Von einem Rückschlag in der Jahresrechnung berichtete Kassier Stefan Näf, Ebnat-Kappel. Bei Einnahmen von knapp 2600 Franken und Ausgaben von gut 3500 Franken musste ein Ausgabenüberschuss von gut 900 Franken verbucht werden. Dies führte zu einer Vermögensabnahme, welche für den Verein verkraftbar ist. Als Grund wurde der Verzicht auf eine Bewirtung auf eigene Rechnung, anlässlich der letzten Alpwanderung, angegeben. Apropos Alpwanderung: Diese soll am 23. oder 25. Juli vom Rumpf über die Twerenalp zur Chrüzegg und via Schwämmli zurück zum Rumpf führen.

Mehrere Jahrzehnte im Einsatz

Vier Älpler, welche mehrere Jahrzehnte im Einsatz waren, wurden durch den Vorstand geehrt. Es sind dies: Peter Weber, Wildhaus, für 40 Jahre Alpsenn Oberhag und gleichzeitig auch 35 Jahre Alpsenn Gamplüt. Dazu stellte er seine Schaffenskraft während rund 30 Jahren der Alpkorporation als Revisor zur Verfügung. Ruedi Frei, Wildhaus, 30 Jahre Alpsenn Gamplüt und zudem während dreier Amtsperioden Präsident der Alpkorporation, gleichzeitig auch 26 Jahre Alpsenn auf der Vorsömmerung Lisigweid. Paul Rutz, Mogelsberg, 18 Jahre Vorstand der Alpgenossenschaft Mogelsberg, davon 17 Jahre als Kassier. Hansueli Freitag, Brunnadern, während zwölf Jahren im Einsatz als Kassier für die Alpgenossenschaft Furth-Brunnadern.

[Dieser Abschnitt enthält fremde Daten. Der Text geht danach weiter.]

-- ===== src/Cluster/Source.antt =====
-- src/agent/agent.cc, Pull, and src/server/server.cc, ServePull: one request of an agent at the
-- server that it goes to.
use plug_in_ml.Base.{
  ℕ, suc, ◌+◌, ◌-◌, ◌≤◌, ◌<◌, ◌≡◌, refl, sym, ap, ◌∙◌, Option, some, none, List, [], ◌∷◌, ℤ,
  get_elem?, get_elem?-drop, at-some, length, length-take_le, take, drop, All, All-get_elem?,
  lookup, arith,
}
use mathlib.Core.Path.{subst}
use plug_in_ml.Floats.{FloatOps}
use plug_in_ml.Message.{Addr, ConfigMessage, RequestMessage, RequestType}
use plug_in_ml.Communicator.{send}
use plug_in_ml.Partition.Owner.{InRange, Owns}
use plug_in_ml.Partition.Runs.{Run}
use plug_in_ml.Agent.State.{Agent, ShmStruct, used_keys}
use plug_in_ml.Agent.Push.{slice, request_message}
use plug_in_ml.Agent.Sort.Sorted.{zip}
use plug_in_ml.Agent.Requests.{pull_message}
use plug_in_ml.Agent.Arrivals.{Answer, answer_message}
use plug_in_ml.Server.KeyValueList.{KeyValueList}
use plug_in_ml.Server.State.{Server}
use plug_in_ml.Server.Pull.{read_pull, pull_index, serve_pull}
use plug_in_ml.Server.Answers.{Answers, Readable, serve_pull-Answers}
use plug_in_ml.Server.Handle.{handle, handle_typed, handle_request}
use plug_in_ml.Server.Range.{IsSpread, pull_index_in_segment}
use plug_in_ml.Cluster.Segment.{HasPlace, Run-Owns, All-of_get, get_elem?-take, take-get_elem?}

-- The server at place `i` of the configuration that the agent has, which knows the agent and has
-- fewer than `bound` of its updates waiting.
pub record IsSource {F : Type 0} (config : ConfigMessage) (agent : Agent F) (i : ℕ) (server_id : ℤ)
    (s : Server F) : Type 0 where
  pub has_place : HasPlace config i s
  pub same_range : s.key_range ≡ config.key_range
  pub sized : length s.parameters ≡ s.parameter_length
  pub own_id : s.local_id ≡ server_id
  pub no_server : lookup agent.local_id s.servers ≡ none
  pub index : ℕ
  pub known : lookup agent.local_id s.id_to_index ≡ some index
  pub buffer : List (KeyValueList F)
  pub waiting : get_elem? s.version_buffer index ≡ some buffer
  pub below : length buffer < s.consistency_bound

module _ {F : Type 0} where
  -- The value beside a key is the parameter that the server which holds the key has for it.
  abbrev pub IsHeld : (ℤ → Server F) → Agent F → ℤ × F → Type 0
  IsHeld cluster agent (key, value) =
      (i : ℕ) × (server_id : ℤ) × Owns agent.partition.part_vec key i
      × (get_elem? agent.server_ids i ≡ some server_id)
      × (read_pull (cluster server_id) key ≡ some value)

  Owns-Readable :
      (config : ConfigMessage) (agent : Agent F) (i : ℕ) (server_id key : ℤ) (s : Server F)
      → IsSpread config
      → IsSource config agent i server_id s
      → InRange config.key_range key
      → Owns config.partition key i
      → Readable (read_pull s) key
  unfolding read_pull
  Owns-Readable config agent i server_id key s c source inside owned =
      let inner =
        pull_index_in_segment config s i key c source.has_place.start source.same_range inside
          owned in
      let len : inner.0 ≡ s.parameter_length =
        some-eq (sym inner.1 ∙ source.has_place.length_field) in
      at-some s.parameters (pull_index s key) inner.2.0
        (omega (arith, inner.2.1, len, source.sized))
    where
      some-eq : {a b : ℕ} → some a ≡ some b → a ≡ b
      some-eq h = cc

  All-Readable :
      (config : ConfigMessage) (agent : Agent F) (i : ℕ) (server_id : ℤ) (s : Server F)
      (keys : List ℤ)
      → IsSpread config
      → IsSource config agent i server_id s
      → All (InRange config.key_range) keys
      → All (λ k. Owns config.partition k i) keys
      → All (Readable (read_pull s)) keys
  All-Readable config agent i server_id s [] c source h o = tt
  All-Readable config agent i server_id s (k ∷ ks) c source h o = (
    Owns-Readable config agent i server_id k s c source h.0 o.0,
    All-Readable config agent i server_id s ks c source h.1 o.1,
  )

  length-Answers :
      (read : ℤ → Option F) (keys : List ℤ) (values : List F)
      → Answers read keys values
      → length values ≡ length keys
  length-Answers read [] [] h = refl
  length-Answers read [] (v ∷ vs) h = elim h [ ]
  length-Answers read (k ∷ ks) [] h = elim h [ ]
  length-Answers read (k ∷ ks) (v ∷ vs) h = ap suc (length-Answers read ks vs h.1)

  Answers-IsHeld :
      (cluster : ℤ → Server F) (agent : Agent F) (i : ℕ) (server_id : ℤ) (keys : List ℤ)
      (values : List F)
      → get_elem? agent.server_ids i ≡ some server_id
      → All (λ k. Owns agent.partition.part_vec k i) keys
      → Answers (read_pull (cluster server_id)) keys values
      → All (IsHeld cluster agent) (zip keys values)
  Answers-IsHeld cluster agent i server_id [] [] id o h = tt
  Answers-IsHeld cluster agent i server_id [] (v ∷ vs) id o h = elim h [ ]
  Answers-IsHeld cluster agent i server_id (k ∷ ks) [] id o h = elim h [ ]
  Answers-IsHeld cluster agent i server_id (k ∷ ks) (v ∷ vs) id o h =
      ((i, server_id, o.0, id, h.0), Answers-IsHeld cluster agent i server_id ks vs id o.1 h.1)

slice-All :
    (P : ℤ → Type 0) (size start stop : ℕ) (keys : List ℤ)
    → stop ≤ size
    → All P (take size keys)
    → All P (slice start stop keys)
slice-All P size start stop keys h all = All-of_get P (slice start stop keys) λ j k e.
    let inside = get_elem?-take (stop - start) j (drop start keys) k e in
    All-get_elem? P (take size keys) (start + j) k all (
      take-get_elem? size (start + j) keys k (omega (arith, inside.0))
        (sym (get_elem?-drop start keys j) ∙ inside.1))

module _ {F : Type 0} ⦃ops : FloatOps F⦄ where
  handle-pull_message :
      (zmq_close : Addr → ℤ) (s : Server F) (local_id : ℤ) (d : ShmStruct F) (start stop : ℕ)
      (dst : ℤ)
      → lookup local_id s.servers ≡ none
      → handle zmq_close s (pull_message local_id d start stop dst)
        ≡ serve_pull s local_id
            (record { request_type = RequestType.key; keys = slice start stop d.keys; values = [] })
  unfolding handle handle_typed handle_request request_message
  handle-pull_message zmq_close s local_id d start stop dst e = rw (handle, e) refl

  -- A server handles the request for a run of its keys, and sends its answer.
  pub Run-answer :
      (zmq_close : Addr → ℤ) (config : ConfigMessage) (agent : Agent F) (cluster : ℤ → Server F)
      (d : ShmStruct F) (start stop i : ℕ) (dst : ℤ)
      → IsSpread config
      → agent.partition.part_vec ≡ config.partition
      → IsSource config agent i dst (cluster dst)
      → get_elem? agent.server_ids i ≡ some dst
      → d.size ≤ length d.keys
      → All (InRange config.key_range) (used_keys d)
      → Run agent.partition (used_keys d) start stop i
      → (a : Answer F) × (a.server_id ≡ dst)
        × (a.keys ≡ slice start stop d.keys)
        × (handle zmq_close (cluster dst) (pull_message agent.local_id d start stop dst)
            ≡ some (record (cluster dst) {
              sender = send agent.local_id (answer_message agent.local_id a) (cluster dst).sender;
            }))
        × All (IsHeld cluster agent) (zip a.keys a.values)
  Run-answer zmq_close config agent cluster d start stop i dst c cut source id fits ranged r =
      let s = cluster dst in
      let within : stop ≤ d.size = omega (arith, r.within, length-take_le d.size d.keys fits) in
      let owned = Run-Owns agent.partition d start stop i r within in
      let same = subst (λ vec. All (λ k. Owns vec k i) (slice start stop d.keys)) cut owned in
      let inside = slice-All (InRange config.key_range) d.size start stop d.keys within ranged in
      let request : RequestMessage F = record {
        request_type = RequestType.key;
        keys = slice start stop d.keys;
        values = [];
      } in
      let answer =
        serve_pull-Answers s agent.local_id request source.index source.known source.buffer
          source.waiting source.below
          (All-Readable config agent i dst s (slice start stop d.keys) c source inside same) in
      (
        record {
          server_id = s.local_id;
          keys = slice start stop d.keys;
          values = answer.0;
          paired = length-Answers (read_pull s) (slice start stop d.keys) answer.0 answer.2;
        },
        source.own_id,
        refl,
        handle-pull_message zmq_close s agent.local_id d start stop dst source.no_server ∙ answer.1,
        Answers-IsHeld cluster agent i dst (slice start stop d.keys) answer.0 id owned answer.2,
      )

Artenreiche Alpweiden erhalten

Markus Hobi, Leiter des Landwirtschaftlichen Zentrums (LZSH) und Präsident Alpwirtschaft St. Gallen, erläuterte Details der Sömmerungsbeiträge und des Alpungsbeitrags. Zudem gab es Informationen über die Beiträge für Biodiversitätsförderflächen (BFF). Dabei gehe es um den vielfältigen Pflanzenbestand auf den Alpweiden und damit auch um den Erhalt artenreicher Weiden. «Bei diesem Programm können Beiträge ohne grosse Veränderungen auf der Alp generiert werden. Wichtig ist aber, dass die Flächen in gewohnter Art weiter gepflegt werden und die Bewirtschafter dafür sorgen, dass diese nicht verbuschen.» Ganz anders bei den Landschaftsqualitätsbeiträgen: Da empfahl Markus Hobi, das Sömmerungsgebiet mit einzubeziehen. Dabei stehe das Toggenburg gut da, sei doch das Pilotprojekt Neckertal bereits in Bern eingereicht. Zudem habe die Regionalorganisation durch die Hochschule Rapperswil Abklärungen für die Region treffen lassen. «Die Chancen, sich an diesem Projekt zu beteiligen, stehen also gut.»